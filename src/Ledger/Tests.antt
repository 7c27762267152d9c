-- ===== src/Ledger/Tests.antt =====
-- A ledger with amounts in strokes, and its first transaction.
use mellow_programming_langu.Prelude.{
  ℕ, zero, suc, ◌≡◌, refl, sym, ap, ◌∙◌, inr, Bool, true, false, not, Option, none, some, [], ◌∷◌,
  ◌==◌, if◌then◌else◌, length, drop, replicate,
}
use mellow_programming_langu.Prelude.Int.{ℤ, pos, negsuc, ◌+ℤ◌}
use mellow_programming_langu.Text.{Text, codes, text_eq, strip, lstrip, rstrip, is_space, is_empty}
use mellow_programming_langu.Ledger.Values.{
  without, count_items, Json, null, text, num, items, fields, truth, no_items, next_item, Fields,
  no_fields, next_field, not_serializable, Python, and_then, or_raise, get, get_default, or_default,
  put_field, append_item, count_items, is_text, is_truthy, text_or, amount_value, amount,
  checked_currency, currency,
}
use mellow_programming_langu.Ledger.Book.{
  genesis, entries_of, require_ledger, has_id, row_of, with_account, posting, normalize, balanced,
  normalized_rows, body_of, hash_field, head_of, extended, append_entry, post_to, post, metadata_of,
}
use mellow_programming_langu.Ledger.Audit.{
  verified, check_entry, check_body, check_hash, check_currency, check_postings, total_of,
  row_amount, id_of, is_seen, check_entries, check_ledger, report, verify, ensure,
}
use mellow_programming_langu.Ledger.Tampering.{Alike, verify-Alike}
use mellow_programming_langu.Ledger.Chain.{verify-post}

abbrev written : ℤ → Text
written (pos n) = replicate n b'1'
written (negsuc n) = b'-' ∷ replicate (suc n) b'1'

abbrev below : ℕ → Option ℤ
below zero = none
below (suc n) = some (negsuc n)

abbrev strokes : Text → Option ℤ
strokes [] = some (pos 0)
strokes (c ∷ t) = if c == b'-' then below (length t) else some (pos (suc (length t)))

length-replicate : (n c : ℕ) → length (replicate n c) ≡ n
length-replicate zero c = refl
length-replicate (suc n) c = ap suc (length-replicate n c)

strokes-written : (d : ℤ) → strokes (written d) ≡ some d
strokes-written (pos zero) = refl
strokes-written (pos (suc n)) = ap (λ (k : ℕ). some (pos (suc k))) (length-replicate n b'1')
strokes-written (negsuc n) = ap (λ (k : ℕ). below (suc k)) (length-replicate n b'1')

abbrev shown : Json ℕ → Text
shown (text t) = t
shown _ = codes "?"

abbrev none_left : ℤ → Bool
none_left (pos zero) = true
none_left _ = false

-- A hash of the previous hash.
abbrev link_hash : Option (Json ℕ) → Option Text
link_hash (some (text t)) = some (b'#' ∷ t)
link_hash _ = none

link_hash_cases :
    (o : Option (Json ℕ)) (h : Text)
    → link_hash o ≡ some h
    → (t : Text) × (o ≡ some (text t)) × (b'#' ∷ t ≡ h)
link_hash_cases (some (text t)) h e = let q : b'#' ∷ t ≡ h = cc in (t, refl, q)
link_hash_cases none h e = absurd cc
link_hash_cases (some null) h e = absurd cc
link_hash_cases (some (truth b)) h e = absurd cc
link_hash_cases (some (num n)) h e = absurd cc
link_hash_cases (some (items xs)) h e = absurd cc
link_hash_cases (some (fields f)) h e = absurd cc

link_hash_filled : (o : Option (Json ℕ)) (h : Text) → link_hash o ≡ some h → is_empty h ≡ false
link_hash_filled o h e = let (t, p, q) = link_hash_cases o h e in ap is_empty (sym q)

link_hash_unique :
    (o o' : Option (Json ℕ)) (h : Text) → link_hash o ≡ some h → link_hash o' ≡ some h → o ≡ o'
link_hash_unique o o' h e e' =
    let (t, p, q) = link_hash_cases o h e in
    let (t', p', q') = link_hash_cases o' h e' in
    p ∙ ap (λ (x : Text). some (text (drop 1 x))) (q ∙ sym q') ∙ sym p'

abbrev python : Python ℕ ℤ
python = record {
  str = shown;
  num_truthy = λ n. not (n == 0);
  upper = λ t. codes "USD";
  zero_amount = pos 0;
  add = λ a b. a +ℤ b;
  is_zero = none_left;
  parse = strokes;
  format = written;
  canonical_hash = λ f. link_hash (get (codes "previous_hash") f);
  hash_error = λ f. not_serializable;
  str_text = λ t. refl;
  upper_upper = λ t. refl;
  parse_format = λ t d e. strokes-written d;
  hash_text = λ f h e. link_hash_filled (get (codes "previous_hash") f) h e;
}

abbrev row : Text → Text → Json ℕ
row account units = fields (
    next_field (codes "account") (text account)
      (next_field (codes "amount") (text units) no_fields))

abbrev rows : Json ℕ
rows = items (
    next_item (row (codes "cash") (codes "11"))
      (next_item (row (codes "sales") (codes "-11")) no_items))

abbrev opened : Json ℕ
opened = fields (
    next_field (codes "type") (text (codes "ledger")) (
      next_field (codes "currency") (text (codes "USD")) (
        next_field (codes "entries") (items no_items)
          (next_field (codes "head") (text genesis) no_fields))))

abbrev first : Text → Json ℕ
first memo = fields (
    next_field (codes "id") (text (codes "t1")) (
      next_field (codes "currency") (text (codes "USD")) (
        next_field (codes "postings") rows (
          next_field (codes "memo") (text memo) (
            next_field (codes "metadata") (fields no_fields) (
              next_field (codes "previous_hash") (text genesis)
                (next_field (codes "hash") (text (b'#' ∷ genesis)) no_fields)))))))

abbrev posted : Text → Json ℕ
posted memo = fields (
    next_field (codes "type") (text (codes "ledger")) (
      next_field (codes "currency") (text (codes "USD")) (
        next_field (codes "entries") (items (next_item (first memo) no_items))
          (next_field (codes "head") (text (b'#' ∷ genesis)) no_fields))))

opened_verified : verify python opened ≡ verified 0 genesis
unfolding verify report check_ledger require_ledger entries_of check_entries head_of count_items
    ensure and_then get_default get or_default is_text text_or is_truthy text_eq
opened_verified = refl

first_posted : post python opened (text (codes " t1")) rows null null ≡ inr (posted [])
unfolding post post_to append_entry extended head_of normalized_rows normalize balanced posting
    with_account row_of metadata_of body_of hash_field has_id require_ledger entries_of and_then
    or_raise get_default get or_default put_field append_item is_text is_truthy text_or amount
    amount_value currency checked_currency text_eq strip lstrip rstrip is_space ◌+ℤ◌
first_posted = refl

verify-post_example : (h : Text) × (verify python (posted []) ≡ verified 1 h)
verify-post_example =
    verify-post python opened (text (codes " t1")) rows null null (posted []) 0 genesis
      opened_verified first_posted

posted_verified : (memo : Text) → verify python (posted memo) ≡ verified 1 (b'#' ∷ genesis)
unfolding verify report check_ledger require_ledger entries_of check_entries check_entry check_body
    check_hash check_currency check_postings total_of row_amount id_of is_seen head_of count_items
    ensure and_then or_raise get get_default or_default without is_text is_truthy text_or amount
    amount_value currency checked_currency text_eq strip lstrip rstrip is_space ◌+ℤ◌
posted_verified memo = refl

posted_entries :
    (memo : Text)
    → (f : Fields ℕ) × (require_ledger python (posted memo)
        ≡ inr (f, next_item (first memo) no_items))
unfolding require_ledger entries_of get get_default or_default is_text text_eq
posted_entries memo = (_, refl)

abbrev SamePrevious : Fields ℕ → Fields ℕ → Type 0
SamePrevious f g = get (codes "previous_hash") f ≡ get (codes "previous_hash") g

verify-Alike_example :
    Alike SamePrevious (next_item (first []) no_items) (next_item (first (codes "gift")) no_items)
verify-Alike_example =
    verify-Alike python SamePrevious
      (λ f g h e e'.
        link_hash_unique (get (codes "previous_hash") f) (get (codes "previous_hash") g) h e e')
      (λ f g t e q. sym e ∙ q) (posted []) (posted (codes "gift")) (posted_entries []).0
      (posted_entries (codes "gift")).0 (next_item (first []) no_items)
      (next_item (first (codes "gift")) no_items) 1 (b'#' ∷ genesis) (posted_entries []).1
      (posted_entries (codes "gift")).1 (posted_verified []) (posted_verified (codes "gift"))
▬▬▬▬▬▬▬▬▬▬
Exercise
What lines in the data above contain the word "replicate"? Show them all.

Written response
  ◌==◌, if◌then◌else◌, length, drop, replicate,
written (pos n) = replicate n b'1'
written (negsuc n) = b'-' ∷ replicate (suc n) b'1'
length-replicate : (n c : ℕ) → length (replicate n c) ≡ n
length-replicate zero c = refl
length-replicate (suc n) c = ap suc (length-replicate n c)
strokes-written (pos (suc n)) = ap (λ (k : ℕ). some (pos (suc k))) (length-replicate n b'1')
strokes-written (negsuc n) = ap (λ (k : ℕ). below (suc k)) (length-replicate n b'1')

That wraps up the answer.